The trail was often elusive -- from West European capitals to East European sanctuaries and finally to the Middle East and Africa. In the end, Carlos seemed to run out of sponsors and places to hide.

Pasqua denied reports that France made any sort of payoff to Sudan's government for Carlos's extradition. He also played down concerns that the arrest could unleash retaliatory attacks by other shadowy terrorist groups. Pasqua said security measures are being taken to counter any such threat.

Mary Jane Deeb is a professor of international studies at American University in Washington. She says Sudan is especially interested in getting off the United States list of countries believed to sponsor terrorism. Being removed from that list could also make it easier for the impoverished country to get financial aid. Many Western governments and international organizations have restricted assistance to Khartoum because of its alleged terrorist links and poor human rights record.

Deeb says Damascus believed Carlos had become nothing more than an embarrassment. She is among experts who say Syria sent Carlos to Sudan and then told the French about it.

"Damascus is trying to clear its own image of being a supporter of terrorism, it wants to cozy up to the West and Carlos is no longer any use to Syria. So why not turn him over to the Sudan, tip off the French and then claim that you're helping the West catch terrorists."

Iran Takes Initiative; Sends Ambassador 'Home'

By Laurie Kassman (Cairo)

Iran has recalled its ambassador to Argentina amid complaints Argentina has not yet furnished proof to back up allegations Iranian diplomats are linked to the July bombing of a Jewish center in Buenos Aires.

Iranian Radio says the ambassador has been called home for consultations following what the radio calls Argentina's baseless allegations and propaganda against Iran. Argentina's president backed off a threat last week to kick out the ambassador and break diplomatic ties.

The Tehran government has denied any links to the bombing of a Jewish center in which nearly 100 people died. But, Argentina has issued arrest warrants for at least four Iranian diplomats it suspects of involvement in the terrorist action.

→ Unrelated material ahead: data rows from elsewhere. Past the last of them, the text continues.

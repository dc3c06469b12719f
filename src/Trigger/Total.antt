-- ===== src/Trigger/Total.antt =====
-- A trigger measures the whole run of items since it was created or reset.
use mathlib.Core.List.{foldl}
use kip_db.Base.{ℕ, ◌+◌, ◌^◌, ◌<◌, ◌≡◌, refl, ap, List, [], ◌∷◌, arith, leb}
use kip_db.Data.{KeyValue, key_value_bytes_len, add_usize}
use kip_db.Trigger.{Trigger, TriggerType, item_process, is_exceeded, reset, create}

-- What one item adds to the measure of a trigger of the given type.
abbrev pub weight : TriggerType → KeyValue → ℕ
weight TriggerType.count item = 1
weight TriggerType.size_of_mem item = key_value_bytes_len item

abbrev pub total : TriggerType → List KeyValue → ℕ
total type [] = 0
total type (item ∷ items) = weight type item + total type items

-- The trigger of a type that has measured `n`.
abbrev measured : TriggerType → ℕ → ℕ → Trigger
measured TriggerType.count threshold n =
    Trigger.count (record { item_count = n; threshold = threshold })
measured TriggerType.size_of_mem threshold n =
    Trigger.size_of_mem (record { size_of_mem = n; threshold = threshold })

item_process-measured :
    (type : TriggerType) (threshold n : ℕ) (item : KeyValue)
    → item_process (measured type threshold n) item
      ≡ measured type threshold (add_usize n (weight type item))
unfolding item_process
item_process-measured TriggerType.count threshold n item = refl
item_process-measured TriggerType.size_of_mem threshold n item = refl

foldl-measured :
    (type : TriggerType) (threshold n : ℕ) (items : List KeyValue)
    → n + total type items < 2 ^ 64
    → foldl item_process (measured type threshold n) items
      ≡ measured type threshold (n + total type items)
foldl-measured type threshold n [] h = ap (measured type threshold) (omega arith)
foldl-measured type threshold n (item ∷ items) h =
    let fits : add_usize n (weight type item) ≡ n + weight type item = omega arith in
    rw
      (
        item_process-measured,
        fits,
        foldl-measured type threshold (n + weight type item) items (omega arith),
      )
      (ap (measured type threshold) (omega arith))

-- However the measure has wrapped, the type and the threshold stay.
foldl-measured_some :
    (type : TriggerType) (threshold n : ℕ) (items : List KeyValue)
    → (m : ℕ) × (foldl item_process (measured type threshold n) items ≡ measured type threshold m)
foldl-measured_some type threshold n [] = (n, refl)
foldl-measured_some type threshold n (item ∷ items) =
    rw item_process-measured
      (foldl-measured_some type threshold (add_usize n (weight type item)) items)

reset-measured :
    (type : TriggerType) (threshold n : ℕ)
    → reset (measured type threshold n) ≡ measured type threshold 0
unfolding reset
reset-measured TriggerType.count threshold n = refl
reset-measured TriggerType.size_of_mem threshold n = refl

create-measured :
    (type : TriggerType) (threshold : ℕ) → create type threshold ≡ measured type threshold 0
unfolding create
create-measured TriggerType.count threshold = refl
create-measured TriggerType.size_of_mem threshold = refl

is_exceeded-measured :
    (type : TriggerType) (threshold n : ℕ)
    → is_exceeded (measured type threshold n) ≡ leb threshold n
unfolding is_exceeded
is_exceeded-measured TriggerType.count threshold n = refl
is_exceeded-measured TriggerType.size_of_mem threshold n = refl

-- A trigger that was created, has processed some items, was reset and has then processed `items`
-- reports an overflow exactly when `items` weigh the threshold or more: their number for a count
-- trigger, the bytes of their keys and values for a size trigger. The weight of `items` is assumed
-- to fit a `usize`; that of the items before the reset may have wrapped.
pub is_exceeded-foldl :
    (type : TriggerType) (threshold : ℕ) (before items : List KeyValue)
    → total type items < 2 ^ 64
    → is_exceeded
        (foldl item_process (reset (foldl item_process (create type threshold) before)) items)
      ≡ leb threshold (total type items)
is_exceeded-foldl type threshold before items h =
    let (m, e) = foldl-measured_some type threshold 0 before in
    rw
      (
        create-measured,
        e,
        reset-measured,
        foldl-measured type threshold 0 items (omega arith),
        is_exceeded-measured,
      )
      (ap (leb threshold) (omega arith))
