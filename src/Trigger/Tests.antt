-- ===== src/Trigger/Tests.antt =====
-- The unit tests of trigger.rs, and the theorem at concrete items.
use mathlib.Core.List.{foldl}
use kip_db.Base.{◌≡◌, refl, true, false, some, [], ◌∷◌, arith}
use kip_db.Data.{KeyValue, key_value_bytes_len}
use kip_db.Trigger.{TriggerType, item_process, is_exceeded, reset, create}
use kip_db.Trigger.Total.{is_exceeded-foldl}

abbrev item : KeyValue
item = (b'0' ∷ [], some (b'1' ∷ b'2' ∷ []))

test_size_of_mem_trigger :
    (is_exceeded (item_process (create TriggerType.size_of_mem 4) item) ≡ false)
    × (is_exceeded (foldl item_process (create TriggerType.size_of_mem 4) (item ∷ item ∷ []))
        ≡ true)
unfolding item_process is_exceeded create key_value_bytes_len
test_size_of_mem_trigger = (refl, refl)

is_exceeded-foldl_example :
    is_exceeded (
      foldl item_process
        (reset (foldl item_process (create TriggerType.count 2) (item ∷ [])))
        (item ∷ item ∷ []))
    ≡ true
is_exceeded-foldl_example =
    is_exceeded-foldl TriggerType.count 2 (item ∷ []) (item ∷ item ∷ []) (omega arith)
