-- ===== src/Version.antt =====
-- src/kernel/lsm/version/mod.rs: the levels of tables, and the search for a key in them. The table
-- loader answers the generation of a table with the table, if it can be loaded.
pub mod Levels
pub mod Query
pub mod Edits
pub mod Reload
mod Tests
use mathlib.Core.List as L
use kip_db.Base.{
  ℕ, zero, suc, ◌+◌, ◌-◌, ◌*◌, ◌^◌, Bool, true, false, Option, none, some, List, [], ◌∷◌, map, ltb,
  leb, ◌==◌, if◌then◌else◌,
}
use kip_db.Base.Int.{ℤ}
use kip_db.Base.Lists.{length}
use kip_db.Base.Order.{Bytes, bytes_ord, cmp, Ordering}
use kip_db.Base.Search.{Position, found, insert_at, binary_search, get_elem?}
use kip_db.Data.{KeyValue}
use kip_db.Error.{KernelResult, ok, err, panic}
use kip_db.Meta.{VersionMeta}
use kip_db.Scope.{Scope, meet_by_key, seeks_increase}

-- What the version calls of a table and of the loader.
pub record Table : Type 0 where
  pub query : Bytes → KernelResult (Option KeyValue)
  pub level : ℕ

abbrev pub TableLoader : Type 0
TableLoader = ℤ → Option Table

pub record Version : Type 0 where
  pub version_num : ℕ
  -- `MAX_LEVEL` levels
  pub level_slice : List (List Scope)
  pub meta_data : VersionMeta

abbrev pub SeekScope : Type 0
SeekScope = Scope × ℕ

pub data SeekOption : Type 0 where
  hit : KeyValue → SeekOption
  miss : Option SeekScope → SeekOption

-- A miss at a level above 0 counts against the scope; `other` is what other threads do to the
-- counter meanwhile.
unfoldable pub query_by_scope :
    (ℕ → ℕ) → TableLoader → Bytes → Scope → ℕ → Scope × KernelResult SeekOption
query_by_scope other loader key scope level =
    if meet_by_key scope key
    then elim (loader scope.gen) [
      | some table ↦ elim (table.query key) [
        | ok (some value) ↦ (scope, ok (hit value))
        | ok none ↦
            let (scope', fired) = seeks_increase other scope in
            if ltb 0 level
            then (scope', ok (miss (if fired then some (scope', table.level) else none)))
            else (scope, ok (miss none))
        | err e ↦ (scope, err e)
        | panic ↦ (scope, panic)
      ]
      | none ↦ (scope, ok (miss none))
    ]
    else (scope, ok (miss none))

-- The loop over the tables of level 0, the last one first; their counters stay.
unfoldable pub query_level_0 :
    (ℕ → ℕ) → TableLoader → Bytes → List Scope → KernelResult (Option KeyValue)
unfolding query_by_scope
query_level_0 other loader key [] = ok none
query_level_0 other loader key (scope ∷ scopes) =
    let rest = query_level_0 other loader key scopes in
    elim (query_by_scope other loader key scope 0).1 [
      | ok (hit key_value) ↦ ok (some key_value)
      | ok (miss _) ↦ rest
      | err e ↦ err e
      | panic ↦ panic
    ]

-- `query_meet_index`, of the scopes of the level
unfoldable pub query_meet_index : Bytes → List Scope → ℕ
query_meet_index key scopes = elim (binary_search (map (λ (s : Scope). cmp s.start key) scopes)) [
  | found index ↦ index
  | insert_at index ↦ index - 1
]

abbrev set_at : ℕ → Scope → List Scope → List Scope
set_at i s [] = []
set_at zero s (t ∷ ts) = s ∷ ts
set_at (suc i) s (t ∷ ts) = t ∷ set_at i s ts

abbrev first_miss : Option SeekScope → Option SeekScope → Option SeekScope
first_miss none m = m
first_miss (some s) m = some s

-- The loop over the levels from 1 on, with the first miss that fired so far; the levels come back
-- with their counters.
unfoldable pub query_levels :
    (ℕ → ℕ)
    → TableLoader
    → Bytes
    → ℕ
    → List (List Scope)
    → Option SeekScope
    → List (List Scope) × KernelResult (Option KeyValue × Option SeekScope)
unfolding query_by_scope query_meet_index
query_levels other loader key level [] miss_seek = ([], ok (none, miss_seek))
query_levels other loader key level (scopes ∷ levels) miss_seek =
    let offset = query_meet_index key scopes in
    elim (get_elem? scopes offset) [
      | none ↦
          let (levels', r) = query_levels other loader key (suc level) levels miss_seek in
          (scopes ∷ levels', r)
      | some scope ↦
          let (scope', answer) = query_by_scope other loader key scope level in
          let scopes' = set_at offset scope' scopes in
          elim answer [
            | ok (hit value) ↦ (scopes' ∷ levels, ok (some value, miss_seek))
            | ok (miss seek_scope) ↦
                let (levels', r) =
                  query_levels other loader key (suc level) levels
                    (first_miss miss_seek seek_scope) in
                (scopes' ∷ levels', r)
            | err e ↦ (scopes' ∷ levels, err e)
            | panic ↦ (scopes' ∷ levels, panic)
          ]
    ]

-- The version comes back with its counters. There always are `MAX_LEVEL` levels.
unfoldable pub query :
    (ℕ → ℕ)
    → TableLoader
    → Version
    → Bytes
    → Version × KernelResult (Option KeyValue × Option SeekScope)
unfolding query_level_0 query_levels
query other loader version key = elim version.level_slice [
  | [] ↦ (version, panic)
  | level_0 ∷ levels ↦ elim (query_level_0 other loader key (L.reverse level_0)) [
    | ok (some key_value) ↦ (version, ok (some key_value, none))
    | ok none ↦
        let (levels', r) = query_levels other loader key 1 levels none in
        (record version { level_slice = level_0 ∷ levels' }, r)
    | err e ↦ (version, err e)
    | panic ↦ (version, panic)
  ]
]
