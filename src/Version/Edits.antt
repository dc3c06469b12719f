-- ===== src/Version/Edits.antt =====
-- Version::apply and Version::to_vec_edit: edits of a version, and the edits that rebuild one. The
-- sorts of itertools are parameters. An error leaves a version that the callers drop.
use mathlib.Core.List as L
use kip_db.Base.{ℕ, zero, suc, ◌+◌, Bool, false, ◌||◌, List, [], ◌∷◌, ◌++◌, ◌==◌, if◌then◌else◌}
use kip_db.Base.Int.{ℤ, int_ord}
use kip_db.Base.Order.{is_eq}
use kip_db.Cleaner.{CleanTag}
use kip_db.Error.{KernelError, KernelResult, ok, err, panic, ◌>>=◌}
use kip_db.Meta.{VersionEdit, EditType, TableMeta, VersionMeta, statistical_process}
use kip_db.Scope.{Scope}
use kip_db.Version.{Version}

abbrev contains : ℤ → List ℤ → Bool
contains gen [] = false
contains gen (g ∷ gens) = is_eq g gen || contains gen gens

-- `retain(|scope| !vec_gen.contains(&scope.gen()))`
unfoldable pub retain : List ℤ → List Scope → List Scope
retain vec_gen [] = []
retain vec_gen (scope ∷ scopes) =
    if contains scope.gen vec_gen then retain vec_gen scopes else scope ∷ retain vec_gen scopes

-- `Vec::insert`, which panics past the end
unfoldable pub insert : ℕ → Scope → List Scope → KernelResult (List Scope)
insert zero scope scopes = ok (scope ∷ scopes)
insert (suc index) scope [] = panic
insert (suc index) scope (s ∷ scopes) = do rest ← insert index scope scopes; ok (s ∷ rest)

unfoldable pub insert_all : ℕ → List Scope → List Scope → KernelResult (List Scope)
unfolding insert
insert_all index [] level = ok level
insert_all index (scope ∷ scopes) level = do
  level' ← insert index scope level
  insert_all index scopes level'

-- A change of `level_slice[level]`, which panics if there is no such level.
unfoldable pub at_level :
    (List Scope → KernelResult (List Scope))
    → ℕ
    → List (List Scope)
    → KernelResult (List (List Scope))
at_level f level [] = panic
at_level f zero (scopes ∷ levels) = do scopes' ← f scopes; ok (scopes' ∷ levels)
at_level f (suc level) (scopes ∷ levels) = do
  levels' ← at_level f level levels
  ok (scopes ∷ levels')

-- The scopes of a new file, in the order of their generations: on level 0 each is pushed, on the
-- other levels each is inserted at the index, the last one first.
unfoldable pub add_scopes :
    (List Scope → List Scope) → List Scope → ℕ → ℕ → List Scope → KernelResult (List Scope)
unfolding insert_all
add_scopes sorted_by_gen vec_scope level index scopes =
    if level == 0
    then ok (scopes ++ sorted_by_gen vec_scope)
    else insert_all index (L.reverse (sorted_by_gen vec_scope)) scopes

-- The loop of `apply`: the levels, the deleted generations and the statistics so far.
unfoldable pub apply_edits :
    (List Scope → List Scope)
    → List VersionEdit
    → List (List Scope)
    → List ℤ
    → List EditType
    → KernelResult (List (List Scope) × List ℤ × List EditType)
unfolding retain at_level add_scopes
apply_edits sorted_by_gen [] levels del_gens metas = ok (levels, del_gens, metas)
apply_edits sorted_by_gen (VersionEdit.delete_file vec_gen level sst_meta ∷ edits) levels del_gens
      metas =
    do
      levels' ← at_level (λ scopes. ok (retain vec_gen scopes)) level levels
      apply_edits sorted_by_gen edits levels' (del_gens ++ vec_gen)
          (metas ++ EditType.del sst_meta ∷ [])
apply_edits sorted_by_gen (VersionEdit.new_file vec_scope level index sst_meta ∷ edits) levels
      del_gens metas =
    do
      levels' ← at_level (add_scopes sorted_by_gen vec_scope level index) level levels
      apply_edits sorted_by_gen edits levels' del_gens (metas ++ EditType.add sst_meta ∷ [])

-- The new version, and the tag that is sent to the cleaner; `closed` tells that it cannot be sent.
unfoldable pub apply :
    (List Scope → List Scope)
    → (List EditType → List EditType)
    → Bool
    → Version
    → List VersionEdit
    → KernelResult (Version × CleanTag)
unfolding apply_edits
apply sorted_by_gen sorted closed version vec_version_edit = do
  (levels, del_gens, metas) ← apply_edits sorted_by_gen vec_version_edit version.level_slice [] []
  meta ← statistical_process sorted version.meta_data metas
  if closed
      then err KernelError.send_clean_tag_error
      else ok (
        record { version_num = version.version_num + 1; level_slice = levels; meta_data = meta },
        CleanTag.add (version.version_num + 1) del_gens,
      )

-- Only the edit of level 0 carries the statistics.
unfoldable pub sst_meta_by_level : ℕ → VersionMeta → TableMeta
sst_meta_by_level level meta =
    if level == 0
    then record { size_of_disk = meta.size_of_disk; len = meta.len }
    else record { size_of_disk = 0; len = 0 }

unfoldable pub edits_from : VersionMeta → ℕ → List (List Scope) → List VersionEdit
unfolding sst_meta_by_level
edits_from meta level [] = []
edits_from meta level ([] ∷ levels) = edits_from meta (suc level) levels
edits_from meta level ((s ∷ scopes) ∷ levels) =
    VersionEdit.new_file (s ∷ scopes) level 0 (sst_meta_by_level level meta)
    ∷ edits_from meta (suc level) levels

unfoldable pub to_vec_edit : Version → List VersionEdit
unfolding edits_from
to_vec_edit version = edits_from version.meta_data 0 version.level_slice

Tehran Radio says the four officials are suing the Argentine judge for defamation of character. They have filed their suit with an Iranian court.

Iranian authorities say they have asked Argentina for evidence to back up their allegations, but so far have received nothing.

Progress in Israeli-Jordanian Talks

By Art Chimes (Jerusalem)

Significant progress was reached in the Israeli-Jordanian peace talks at the Moriah hotel on the Israeli side of the Dead Sea. Jordan and Israel agreed that their territory can not be used as a base for attacks by third countries on either party. The two countries also agreed not to enter into treaties with each other's enemies. Ha'aretz reports Jordan
expressed its willingness to allow Israeli airplanes to use Jordanian airspace.

The militant Islamic group Hamas is stepping up to the challenge posed by PLO leader Yasir Arafat after Palestinian policemen in the Gaza Strip arrested several dozen of the Muslim extremists. Meanwhile, Israel has issued a warning to members of Arafat's own Fatah faction to stop killing Palestinians suspected of collaborating with Israeli authorities.

Prime Minister Yitzhak Rabin says he will not authorize the release of any more Palestinian prisoners unless the killing of suspected collaborators is stopped. He told a closed-door parliament committee meeting members of the militant "Fatah Hawks" group have been interrogating suspected collaborators and killing some of them. An official who briefed reporters on Rabin's comments said 11 suspected collaborators had been killed in the Jericho area, alone.